Many more possibilities exist for accountability, though the effectiveness of these options may depend significantly on multilateral or multi-stakeholder action, which means aligning parties with divergent interests and values. Allies have not yet taken the step of cutting Russia off from the SWIFT bank messaging system, which would hamper Russian banks’ and individuals’ ability to operate on global financial markets but might also cause some unintended consequences. In the United States, a sanctions package that began as a bipartisan measure against Russia months ago was earlier (before the Russian invasion) bogged down in partisan bickering, although President Joe Biden has been able to impose a range of economic measures thus far without new legislation from Congress. That said, there are currently bipartisan proposals on the table, including freezing and seizing the assets of the so-called Navalny 35, a list of Russian oligarchs, officials, and others whom jailed Russian opposition leader Alexei Navalny accuses of corruption, human rights abuses, and political persecution. Co-Chairs of the Congressional Caucus Against Foreign Corruption and Kleptocracy (CAFCAK), Representatives Tom Malinowski (D-NJ) and John Curtis (R-UT) called for such a move again Thursday. There have also been calls to use the Global Magnitsky Act much more vigorously against Russian officials implicated in human rights violations and corruption.

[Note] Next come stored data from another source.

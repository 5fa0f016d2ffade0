-- ===== src/Bus/Accounts.antt =====
-- What becomes of the events that the bus delivers.
use thot_secure.Prelude.{
  ℕ, suc, true, false, List, zero, [], ◌∷◌, ◌++◌, ◌+◌, ◌≤◌, ◌≡◌, ◌⊎◌, ◌∙◌, ◌==◌, ltb, leb, not,
  length, length-append, ◌&&◌, arith, if◌then◌else◌, refl, Bool-cases, inl, inr,
}
use thot_secure.Detection.Engine.{Event}
use thot_secure.Bus.{
  Queue, Bus, new_bus, is_full, rest_of, offer, dispatch, publish, subscribe, held, discard,
  unsubscribe, stop, take_from, consume, Operation, publishing, subscribing, unsubscribing,
  consuming, stopping, perform, perform_all,
}

-- A queue with a size holds no more than it.
abbrev pub Fits : Queue → Type 0
Fits q = (q.maxsize ≡ 0) ⊎ (length q.events ≤ q.maxsize)

abbrev pub AllFit : List Queue → Type 0
AllFit [] = Unit
AllFit (q ∷ queues) = Fits q × AllFit queues

-- Every event that was delivered was dropped, taken, abandoned with its queue, or still waits.
abbrev pub Balanced : Bus → Type 0
Balanced b = b.delivered ≡ b.dropped + b.taken + b.abandoned + held b.subscribers

-- A full queue that fits has room once its oldest event is gone.
is_full-rest_of :
    (m : ℕ) (es : List Event)
    → ((m ≡ 0) ⊎ (length es ≤ m))
    → is_full m es ≡ true
    → (is_full m (rest_of es) ≡ false) × (suc (length (rest_of es)) ≡ length es) × (length es ≤ m)
is_full-rest_of zero es h f = ground arith
is_full-rest_of (suc m) es (inl z) f = absurd (omega arith)
is_full-rest_of (suc m) [] (inr h) f = ground arith
is_full-rest_of (suc m) (e ∷ es) (inr h) f = (ground arith, refl, h)

has_room-lt : (m n : ℕ) → not (m == 0) && leb m n ≡ false → (m ≡ 0) ⊎ (suc n ≤ m)
has_room-lt zero n e = inl refl
has_room-lt (suc m) n e = inr (ground arith)

length-snoc : (es : List Event) (event : Event) → length (es ++ event ∷ []) ≡ suc (length es)
length-snoc es event = length-append es (event ∷ []) ∙ (omega arith)

-- What the offer to one queue does to the counters.
abbrev Accounted : ℕ → ℕ → Bus → Bus → Type 0
Accounted before after b b' =
    (b'.delivered + b.dropped + before ≡ b'.dropped + b.delivered + after)
    × (b'.taken ≡ b.taken)
    × (b'.abandoned ≡ b.abandoned)

offer-account :
    (event : Event) (q : Queue) (b : Bus)
    → Fits q
    → let (q', b') = offer event q b in
      Fits q' × Accounted (length q.events) (length q'.events) b b'
unfolding offer
offer-account event q b h = elim (Bool-cases (is_full q.maxsize q.events)) [
  | inl e ↦
      let (room, l, fits) = is_full-rest_of q.maxsize q.events h e in
      let snoc = length-snoc (rest_of q.events) event in
      rw (e, room) (inr (omega arith), ((omega arith), refl, refl))
  | inr e ↦
      let snoc = length-snoc q.events event in
      rw (e, e)
        (
          (elim (has_room-lt q.maxsize (length q.events) e) [
            | inl z ↦ inl z
            | inr lt ↦ inr (omega arith)
          ]),
          ((omega arith), refl, refl),
        )
]

dispatch-account :
    (event : Event) (queues : List Queue) (b : Bus)
    → AllFit queues
    → let (queues', b') = dispatch event queues b in
      AllFit queues' × Accounted (held queues) (held queues') b b'
unfolding dispatch
dispatch-account event [] b h = (tt, ((omega arith), refl, refl))
dispatch-account event (q ∷ queues) b (h, hs) =
    let (fits, (account, t, a)) = offer-account event q b h in
    let (fits', (account', t', a')) = dispatch-account event queues ((offer event q b).1) hs in
    ((fits, fits'), (omega arith, t' ∙ t, a' ∙ a))

discard-account :
    (n : ℕ) (queues : List Queue)
    → AllFit queues
    → let (rest, lost) = discard n queues in AllFit rest × (held queues ≡ held rest + lost)
unfolding discard
discard-account n [] h = (tt, refl)
discard-account n (q ∷ queues) (h, hs) =
    let (fits, account) = discard-account n queues hs in
    elim (Bool-cases (q.number == n)) [
      | inl e ↦ rw e (fits, (omega arith))
      | inr e ↦ rw e ((h, fits), (omega arith))
    ]

take_first-account :
    (es : List Event)
    → (length es ≡ length (rest_of es) + (if ltb 0 (length es) then 1 else 0))
      × (length (rest_of es) ≤ length es)
take_first-account [] = (refl, omega arith)
take_first-account (e ∷ es) = (ground arith, omega arith)

take_from-account :
    (n : ℕ) (queues : List Queue)
    → AllFit queues
    → let (rest, got) = take_from n queues in AllFit rest × (held queues ≡ held rest + got)
unfolding take_from
take_from-account n [] h = (tt, refl)
take_from-account n (q ∷ queues) (h, hs) =
    let (fits, account) = take_from-account n queues hs in
    let (first, fewer) = take_first-account q.events in
    elim (Bool-cases (q.number == n)) [
      | inl e ↦ rw e (((elim h [ inl z ↦ inl z | inr le ↦ inr (omega arith) ]), hs), (omega arith))
      | inr e ↦ rw e ((h, fits), (omega arith))
    ]

-- Both together, for the invariant of the bus.
abbrev pub Sound : Bus → Type 0
Sound b = AllFit b.subscribers × Balanced b

perform-Sound : (o : Operation) (b : Bus) → Sound b → Sound (perform o b)
unfolding perform publish subscribe unsubscribe consume stop
perform-Sound (publishing event) b (fits, account) =
    let counted = record b { published = suc b.published; received = suc b.received } in
    let (fits', (account', t, a)) = dispatch-account event b.subscribers counted fits in
    (fits', omega arith)
perform-Sound (subscribing maxsize) b (fits, account) = ((inr (omega arith), fits), omega arith)
perform-Sound (unsubscribing n) b (fits, account) =
    let (fits', account') = discard-account n b.subscribers fits in (fits', omega arith)
perform-Sound (consuming n) b (fits, account) =
    let (fits', account') = take_from-account n b.subscribers fits in (fits', omega arith)
perform-Sound stopping b (fits, account) = (tt, omega arith)

perform_all-Sound_from : (os : List Operation) (b : Bus) → Sound b → Sound (perform_all os b)
perform_all-Sound_from [] b h = h
perform_all-Sound_from (o ∷ os) b h = perform_all-Sound_from os (perform o b) (perform-Sound o b h)

-- After any sequence of publications, subscriptions, unsubscriptions, takings by consumers and
-- stops of a new bus, every queue with a size holds no more events than it, and the events that
-- were delivered are as many as those that were dropped, taken by a consumer, abandoned with a
-- discarded queue, or that still wait in a queue.
pub perform_all-Sound :
    (queue_size : ℕ) (os : List Operation) → Sound (perform_all os (new_bus queue_size))
perform_all-Sound queue_size os = perform_all-Sound_from os (new_bus queue_size) (tt, refl)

Ambassador Daniel Fried, in a panel discussion co-sponsored by Just Security, offered suggestions for ramping up sanctions and other economic penalties. Sanctions on Russia’s central bank could be risky because of potential financial blowback, Fried said, but this step would be a major strike against Russia’s economy. “You don’t get to make money working with our system when you are attacking our system,” he said.

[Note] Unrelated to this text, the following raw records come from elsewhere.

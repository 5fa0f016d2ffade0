-- ===== src/Decision.antt =====
-- decision/engine.py.
pub mod Conditions
pub mod Engine
pub mod Guards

But what accountability measures outside of the economic toolkit should policymakers be considering? The following represents a sample of the types of measures that individual countries or coalitions in the international community could impose immediately and as the conflict unfolds. Many of these actions also could be taken against Belarus to send a strong signal for any state that would directly support such a war of aggression.
Impose Visa Bans
• Visa bans could be used to deny Putin, his close associates, Russian legislators who voted to authorize Putin’s use of military forces in Ukraine, and other relevant Russian officials the ability to travel. Edward Lucas, former senior editor at The Economist and author of books on Russia and geopolitics, suggests “visa bans on all government ministers, on all members of the Duma and Federation Council, all governors and office-holders in Russia’s regions, on all officials in the ‘power ministries’ and security agencies, and on the 35 individuals named in Alexei Navalny’s list… Announce a sweeping program of asset freezes on these individuals, and on companies linked to the Kremlin or owned (even in part) by Kremlin cronies.”

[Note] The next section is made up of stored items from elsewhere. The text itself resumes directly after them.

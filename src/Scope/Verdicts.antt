-- ===== src/Scope/Verdicts.antt =====
-- What the verdicts of `check_action` mean.
use thot_secure.Prelude.{
  String, Bool, true, false, Option, some, ◌≡◌, ◌↔◌, ◌⊎◌, arith, ◌&&◌, ◌||◌, not,
}
use thot_secure.Value.{is_in, has_text, or_empty}
use thot_secure.Platform.{Platform}
use thot_secure.Scope.{
  TargetRegistry, ScopeDecision, inbound_mitigation_playbooks, infrastructure_playbooks, has_asset,
  owns, is_protected, for_tenant, check_action,
}

-- The verdict lets a decision stay automatic.
abbrev pub is_free : ScopeDecision → Bool
is_free v = v.allowed && not v.requires_approval

-- The verdict forbids the action even with an approval.
abbrev pub is_forbidden : ScopeDecision → Bool
is_forbidden v = not v.allowed && not v.requires_approval

module _ (py : Platform) (r : TargetRegistry) (tenant_id playbook : String)
    (target host : Option String) where
  abbrev pub touches_protected : Bool
  touches_protected =
      is_protected py (for_tenant py r tenant_id) (some (or_empty target))
      || is_protected py (for_tenant py r tenant_id) (some (or_empty host))

  -- `check_action` forbids an action outright exactly when its target or the attacked asset is a
  -- protected target of the tenant's perimeter, whatever the playbook.
  pub check_action_forbidden :
      (is_forbidden (check_action py r tenant_id playbook target host) ≡ true)
      ↔ (touches_protected ≡ true)
  unfolding check_action
  check_action_forbidden = ground arith

  -- `check_action` lets an action go without approval exactly when nothing protected is touched
  -- and either the playbook mitigates an inbound attack on a declared asset, or it changes the
  -- infrastructure of the tenant on a target that the tenant owns.
  pub check_action_free : (is_free (check_action py r tenant_id playbook target host) ≡ true) ↔ (
      (touches_protected ≡ false)
      × (((is_in playbook inbound_mitigation_playbooks ≡ true)
            × (has_text host ≡ true)
            × (has_asset py (for_tenant py r tenant_id) host ≡ true))
          ⊎ ((is_in playbook inbound_mitigation_playbooks ≡ false)
              × (is_in playbook infrastructure_playbooks ≡ true)
              × (owns py (for_tenant py r tenant_id) target ≡ true))))
  unfolding check_action
  check_action_free = ground arith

• Restrictions on travel will be much more effective if implemented as broadly as possible across jurisdictions where the targeted individuals seek to travel or reside.
Withhold Recognition of Unlawful Situation, and Deny Aid or Assistance to Russia
• As Diane Desierto explains, under international law, “No State shall recognize as lawful a situation created by a serious breach [of an obligation arising under a peremptory norm of general international law ], nor render aid or assistance in maintaining that situation” (emphasis added). The International Court of Justice has emphasized the applicability of this customary international law obligation in the context of aggression and unlawful acquisition of territory.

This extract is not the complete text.